*** Opening of Data supplied ***
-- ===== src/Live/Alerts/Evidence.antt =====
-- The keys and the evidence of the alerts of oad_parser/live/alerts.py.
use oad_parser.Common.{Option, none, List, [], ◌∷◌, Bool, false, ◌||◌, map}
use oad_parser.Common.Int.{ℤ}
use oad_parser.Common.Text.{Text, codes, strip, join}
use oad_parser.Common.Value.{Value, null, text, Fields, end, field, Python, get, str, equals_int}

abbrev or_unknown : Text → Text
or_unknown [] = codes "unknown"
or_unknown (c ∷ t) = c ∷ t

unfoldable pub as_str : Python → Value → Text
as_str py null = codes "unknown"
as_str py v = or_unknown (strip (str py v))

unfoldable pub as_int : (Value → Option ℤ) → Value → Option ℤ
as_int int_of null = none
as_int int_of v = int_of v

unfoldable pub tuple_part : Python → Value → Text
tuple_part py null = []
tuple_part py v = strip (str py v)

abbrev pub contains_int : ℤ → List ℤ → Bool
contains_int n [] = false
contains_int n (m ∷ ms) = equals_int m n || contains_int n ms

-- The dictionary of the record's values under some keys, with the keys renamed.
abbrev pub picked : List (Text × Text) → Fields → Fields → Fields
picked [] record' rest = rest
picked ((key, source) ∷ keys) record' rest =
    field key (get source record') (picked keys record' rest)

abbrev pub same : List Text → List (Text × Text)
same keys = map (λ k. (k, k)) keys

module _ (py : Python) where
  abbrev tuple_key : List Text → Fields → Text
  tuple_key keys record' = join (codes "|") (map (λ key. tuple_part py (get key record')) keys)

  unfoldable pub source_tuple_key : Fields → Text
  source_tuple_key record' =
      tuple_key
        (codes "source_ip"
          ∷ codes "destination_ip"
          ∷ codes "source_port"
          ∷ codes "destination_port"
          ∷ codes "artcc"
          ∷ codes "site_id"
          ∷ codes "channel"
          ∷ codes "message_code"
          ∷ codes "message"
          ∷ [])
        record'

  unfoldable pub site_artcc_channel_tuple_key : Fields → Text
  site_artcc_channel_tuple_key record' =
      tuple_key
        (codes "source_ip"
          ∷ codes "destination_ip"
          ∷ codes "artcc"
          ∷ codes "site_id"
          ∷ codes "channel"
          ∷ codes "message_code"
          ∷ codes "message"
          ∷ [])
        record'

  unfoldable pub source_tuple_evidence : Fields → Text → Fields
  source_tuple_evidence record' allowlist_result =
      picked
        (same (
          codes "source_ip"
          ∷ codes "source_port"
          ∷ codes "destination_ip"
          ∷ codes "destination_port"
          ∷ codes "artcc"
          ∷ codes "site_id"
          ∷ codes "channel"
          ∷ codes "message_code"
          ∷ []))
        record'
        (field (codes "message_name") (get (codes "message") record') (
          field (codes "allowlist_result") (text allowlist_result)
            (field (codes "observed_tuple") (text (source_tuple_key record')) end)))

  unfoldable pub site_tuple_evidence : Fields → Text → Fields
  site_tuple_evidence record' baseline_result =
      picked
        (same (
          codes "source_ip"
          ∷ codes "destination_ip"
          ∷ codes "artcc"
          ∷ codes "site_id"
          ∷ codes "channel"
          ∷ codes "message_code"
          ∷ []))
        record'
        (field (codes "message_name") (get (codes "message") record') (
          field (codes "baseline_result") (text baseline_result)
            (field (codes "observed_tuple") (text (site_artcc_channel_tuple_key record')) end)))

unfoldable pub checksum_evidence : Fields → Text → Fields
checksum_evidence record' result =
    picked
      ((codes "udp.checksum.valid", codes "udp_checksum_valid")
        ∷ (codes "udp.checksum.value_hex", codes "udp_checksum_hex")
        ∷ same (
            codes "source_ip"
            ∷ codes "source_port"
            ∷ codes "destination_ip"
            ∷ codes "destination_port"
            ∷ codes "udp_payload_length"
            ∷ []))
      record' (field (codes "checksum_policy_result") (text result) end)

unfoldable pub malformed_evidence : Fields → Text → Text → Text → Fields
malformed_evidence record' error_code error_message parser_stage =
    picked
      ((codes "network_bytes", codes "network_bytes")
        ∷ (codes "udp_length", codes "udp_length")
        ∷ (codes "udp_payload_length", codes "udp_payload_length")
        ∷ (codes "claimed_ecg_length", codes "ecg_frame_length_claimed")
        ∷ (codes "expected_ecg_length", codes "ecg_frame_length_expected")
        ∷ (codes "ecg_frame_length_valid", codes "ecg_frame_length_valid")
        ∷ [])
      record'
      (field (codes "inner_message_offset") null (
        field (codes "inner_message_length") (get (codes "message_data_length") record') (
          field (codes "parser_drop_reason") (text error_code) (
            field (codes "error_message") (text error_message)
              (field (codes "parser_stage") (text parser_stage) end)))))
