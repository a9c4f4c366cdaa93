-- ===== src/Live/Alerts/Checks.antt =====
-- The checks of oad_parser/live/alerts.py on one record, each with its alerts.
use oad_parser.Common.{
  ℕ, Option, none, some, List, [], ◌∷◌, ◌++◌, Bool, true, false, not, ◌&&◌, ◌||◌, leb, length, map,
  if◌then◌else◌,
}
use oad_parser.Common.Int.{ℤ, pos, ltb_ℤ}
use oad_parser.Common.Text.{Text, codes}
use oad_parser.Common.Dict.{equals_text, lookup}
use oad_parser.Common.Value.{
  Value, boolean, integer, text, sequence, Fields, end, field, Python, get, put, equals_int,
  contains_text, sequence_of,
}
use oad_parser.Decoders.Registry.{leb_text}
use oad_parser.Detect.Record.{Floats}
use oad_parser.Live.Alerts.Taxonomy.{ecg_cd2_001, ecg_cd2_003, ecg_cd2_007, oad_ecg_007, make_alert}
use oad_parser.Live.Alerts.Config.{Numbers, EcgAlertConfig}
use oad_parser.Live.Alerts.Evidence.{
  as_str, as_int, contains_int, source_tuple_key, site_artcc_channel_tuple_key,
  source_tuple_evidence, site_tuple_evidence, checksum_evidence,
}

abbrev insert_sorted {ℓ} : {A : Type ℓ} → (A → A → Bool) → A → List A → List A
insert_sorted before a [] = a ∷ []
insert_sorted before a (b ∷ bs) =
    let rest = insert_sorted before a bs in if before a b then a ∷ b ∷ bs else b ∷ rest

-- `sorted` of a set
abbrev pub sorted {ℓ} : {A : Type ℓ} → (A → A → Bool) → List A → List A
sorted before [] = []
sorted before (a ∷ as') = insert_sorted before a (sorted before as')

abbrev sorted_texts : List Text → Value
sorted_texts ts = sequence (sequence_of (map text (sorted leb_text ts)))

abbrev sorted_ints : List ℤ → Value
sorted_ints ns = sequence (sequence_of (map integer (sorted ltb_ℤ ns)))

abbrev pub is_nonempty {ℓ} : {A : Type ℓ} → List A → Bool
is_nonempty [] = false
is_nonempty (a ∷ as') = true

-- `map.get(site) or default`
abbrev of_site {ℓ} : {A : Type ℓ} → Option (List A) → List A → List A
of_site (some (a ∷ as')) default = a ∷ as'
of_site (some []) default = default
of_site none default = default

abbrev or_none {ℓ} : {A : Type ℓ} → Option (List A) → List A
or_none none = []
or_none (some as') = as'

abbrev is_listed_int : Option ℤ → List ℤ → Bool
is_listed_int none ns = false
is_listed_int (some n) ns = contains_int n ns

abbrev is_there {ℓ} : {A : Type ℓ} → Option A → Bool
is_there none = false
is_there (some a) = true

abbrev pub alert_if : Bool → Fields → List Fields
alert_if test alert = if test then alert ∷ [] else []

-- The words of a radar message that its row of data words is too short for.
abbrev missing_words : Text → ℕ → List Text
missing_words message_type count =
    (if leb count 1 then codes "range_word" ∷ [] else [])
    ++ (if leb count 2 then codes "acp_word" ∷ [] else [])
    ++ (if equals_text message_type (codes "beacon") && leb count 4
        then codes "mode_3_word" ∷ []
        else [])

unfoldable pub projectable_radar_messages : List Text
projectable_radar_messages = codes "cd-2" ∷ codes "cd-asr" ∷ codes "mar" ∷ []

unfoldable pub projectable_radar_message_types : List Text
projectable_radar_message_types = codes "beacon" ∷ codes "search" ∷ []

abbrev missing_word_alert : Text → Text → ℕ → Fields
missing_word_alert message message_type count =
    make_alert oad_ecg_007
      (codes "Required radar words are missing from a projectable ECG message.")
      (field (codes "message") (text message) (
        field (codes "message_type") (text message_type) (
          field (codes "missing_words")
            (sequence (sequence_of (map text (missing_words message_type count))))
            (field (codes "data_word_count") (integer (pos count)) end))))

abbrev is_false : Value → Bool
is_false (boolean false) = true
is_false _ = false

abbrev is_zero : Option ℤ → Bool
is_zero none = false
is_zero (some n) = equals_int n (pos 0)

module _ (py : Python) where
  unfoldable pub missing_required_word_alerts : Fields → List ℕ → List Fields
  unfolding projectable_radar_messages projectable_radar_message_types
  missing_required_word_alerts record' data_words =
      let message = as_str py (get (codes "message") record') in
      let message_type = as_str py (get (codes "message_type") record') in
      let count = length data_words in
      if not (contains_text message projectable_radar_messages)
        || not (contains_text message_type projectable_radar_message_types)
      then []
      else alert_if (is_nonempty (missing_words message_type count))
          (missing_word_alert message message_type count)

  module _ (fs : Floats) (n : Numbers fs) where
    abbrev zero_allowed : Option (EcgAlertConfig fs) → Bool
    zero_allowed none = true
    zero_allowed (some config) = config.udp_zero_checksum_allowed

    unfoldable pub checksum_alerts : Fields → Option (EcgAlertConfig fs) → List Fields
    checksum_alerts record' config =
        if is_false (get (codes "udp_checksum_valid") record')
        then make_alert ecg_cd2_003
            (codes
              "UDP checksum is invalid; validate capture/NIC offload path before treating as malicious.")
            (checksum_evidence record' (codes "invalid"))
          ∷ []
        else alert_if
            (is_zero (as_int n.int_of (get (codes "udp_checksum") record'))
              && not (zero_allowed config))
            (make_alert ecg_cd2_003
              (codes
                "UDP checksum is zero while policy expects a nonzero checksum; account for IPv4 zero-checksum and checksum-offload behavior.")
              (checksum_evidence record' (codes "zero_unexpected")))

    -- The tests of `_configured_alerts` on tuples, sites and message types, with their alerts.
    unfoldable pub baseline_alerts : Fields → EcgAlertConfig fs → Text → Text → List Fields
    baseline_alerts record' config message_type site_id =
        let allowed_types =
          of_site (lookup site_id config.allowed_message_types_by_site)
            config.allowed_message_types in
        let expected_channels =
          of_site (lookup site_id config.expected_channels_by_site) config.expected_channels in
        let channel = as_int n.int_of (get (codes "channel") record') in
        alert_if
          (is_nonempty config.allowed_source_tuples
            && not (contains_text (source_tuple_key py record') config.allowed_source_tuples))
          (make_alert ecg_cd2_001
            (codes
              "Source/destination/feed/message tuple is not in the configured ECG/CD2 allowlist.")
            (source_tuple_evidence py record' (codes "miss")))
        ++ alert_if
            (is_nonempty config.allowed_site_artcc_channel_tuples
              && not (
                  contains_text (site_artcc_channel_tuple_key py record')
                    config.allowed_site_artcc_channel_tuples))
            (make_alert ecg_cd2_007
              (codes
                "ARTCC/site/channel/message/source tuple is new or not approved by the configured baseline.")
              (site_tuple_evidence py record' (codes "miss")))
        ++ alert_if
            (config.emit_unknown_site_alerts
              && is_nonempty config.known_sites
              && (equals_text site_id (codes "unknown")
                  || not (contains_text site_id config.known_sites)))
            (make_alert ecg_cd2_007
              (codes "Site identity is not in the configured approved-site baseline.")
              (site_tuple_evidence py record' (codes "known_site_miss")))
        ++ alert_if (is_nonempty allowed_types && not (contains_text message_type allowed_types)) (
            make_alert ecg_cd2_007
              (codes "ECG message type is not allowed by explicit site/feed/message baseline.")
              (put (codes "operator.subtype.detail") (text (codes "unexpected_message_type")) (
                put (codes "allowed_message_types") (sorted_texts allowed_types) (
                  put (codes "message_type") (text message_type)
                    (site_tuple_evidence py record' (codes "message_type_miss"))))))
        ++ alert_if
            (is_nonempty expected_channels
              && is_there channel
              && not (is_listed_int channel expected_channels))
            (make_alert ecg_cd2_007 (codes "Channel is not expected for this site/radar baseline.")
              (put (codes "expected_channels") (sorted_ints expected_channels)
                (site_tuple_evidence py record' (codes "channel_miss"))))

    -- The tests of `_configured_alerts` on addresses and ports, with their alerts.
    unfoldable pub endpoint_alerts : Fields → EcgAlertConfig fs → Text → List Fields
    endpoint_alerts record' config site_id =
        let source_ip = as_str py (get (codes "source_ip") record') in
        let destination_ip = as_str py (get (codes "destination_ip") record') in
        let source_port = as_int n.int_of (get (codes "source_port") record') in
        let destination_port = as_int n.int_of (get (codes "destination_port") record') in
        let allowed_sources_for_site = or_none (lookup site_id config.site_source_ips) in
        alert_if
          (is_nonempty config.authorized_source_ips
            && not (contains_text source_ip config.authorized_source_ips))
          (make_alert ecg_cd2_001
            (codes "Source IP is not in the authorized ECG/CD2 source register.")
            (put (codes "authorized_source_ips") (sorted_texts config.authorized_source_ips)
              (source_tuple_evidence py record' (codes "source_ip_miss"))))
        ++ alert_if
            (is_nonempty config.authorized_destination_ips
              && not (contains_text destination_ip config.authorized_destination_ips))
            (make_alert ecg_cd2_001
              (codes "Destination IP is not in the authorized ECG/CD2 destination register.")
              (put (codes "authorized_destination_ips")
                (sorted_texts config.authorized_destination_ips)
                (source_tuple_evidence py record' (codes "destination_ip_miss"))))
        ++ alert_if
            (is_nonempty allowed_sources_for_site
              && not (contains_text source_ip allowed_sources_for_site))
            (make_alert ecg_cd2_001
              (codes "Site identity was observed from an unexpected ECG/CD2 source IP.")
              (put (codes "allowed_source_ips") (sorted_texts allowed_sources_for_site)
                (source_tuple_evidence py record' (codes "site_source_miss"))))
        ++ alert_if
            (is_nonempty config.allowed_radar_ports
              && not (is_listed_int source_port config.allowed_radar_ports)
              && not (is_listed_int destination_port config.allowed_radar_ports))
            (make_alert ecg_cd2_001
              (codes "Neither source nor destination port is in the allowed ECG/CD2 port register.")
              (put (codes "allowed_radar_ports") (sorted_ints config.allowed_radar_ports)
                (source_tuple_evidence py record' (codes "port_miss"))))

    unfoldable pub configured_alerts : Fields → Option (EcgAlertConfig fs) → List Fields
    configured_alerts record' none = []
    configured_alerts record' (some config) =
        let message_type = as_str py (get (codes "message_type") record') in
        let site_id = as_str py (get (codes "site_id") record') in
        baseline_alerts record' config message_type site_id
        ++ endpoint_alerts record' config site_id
*** Close of Data supplied ***
_Assigned task_. In the listing above, find the line with "let source_port = as_int" and the line with "(is_listed_int source_port config.allowed_radar_ports)", then reproduce both and every line between them exactly.

_Completed exercise_.
        let source_port = as_int n.int_of (get (codes "source_port") record') in
        let destination_port = as_int n.int_of (get (codes "destination_port") record') in
        let allowed_sources_for_site = or_none (lookup site_id config.site_source_ips) in
        alert_if
          (is_nonempty config.authorized_source_ips
            && not (contains_text source_ip config.authorized_source_ips))
          (make_alert ecg_cd2_001
            (codes "Source IP is not in the authorized ECG/CD2 source register.")
            (put (codes "authorized_source_ips") (sorted_texts config.authorized_source_ips)
              (source_tuple_evidence py record' (codes "source_ip_miss"))))
        ++ alert_if
            (is_nonempty config.authorized_destination_ips
              && not (contains_text destination_ip config.authorized_destination_ips))
            (make_alert ecg_cd2_001
              (codes "Destination IP is not in the authorized ECG/CD2 destination register.")
              (put (codes "authorized_destination_ips")
                (sorted_texts config.authorized_destination_ips)
                (source_tuple_evidence py record' (codes "destination_ip_miss"))))
        ++ alert_if
            (is_nonempty allowed_sources_for_site
              && not (contains_text source_ip allowed_sources_for_site))
            (make_alert ecg_cd2_001
              (codes "Site identity was observed from an unexpected ECG/CD2 source IP.")
              (put (codes "allowed_source_ips") (sorted_texts allowed_sources_for_site)
                (source_tuple_evidence py record' (codes "site_source_miss"))))
        ++ alert_if
            (is_nonempty config.allowed_radar_ports
              && not (is_listed_int source_port config.allowed_radar_ports)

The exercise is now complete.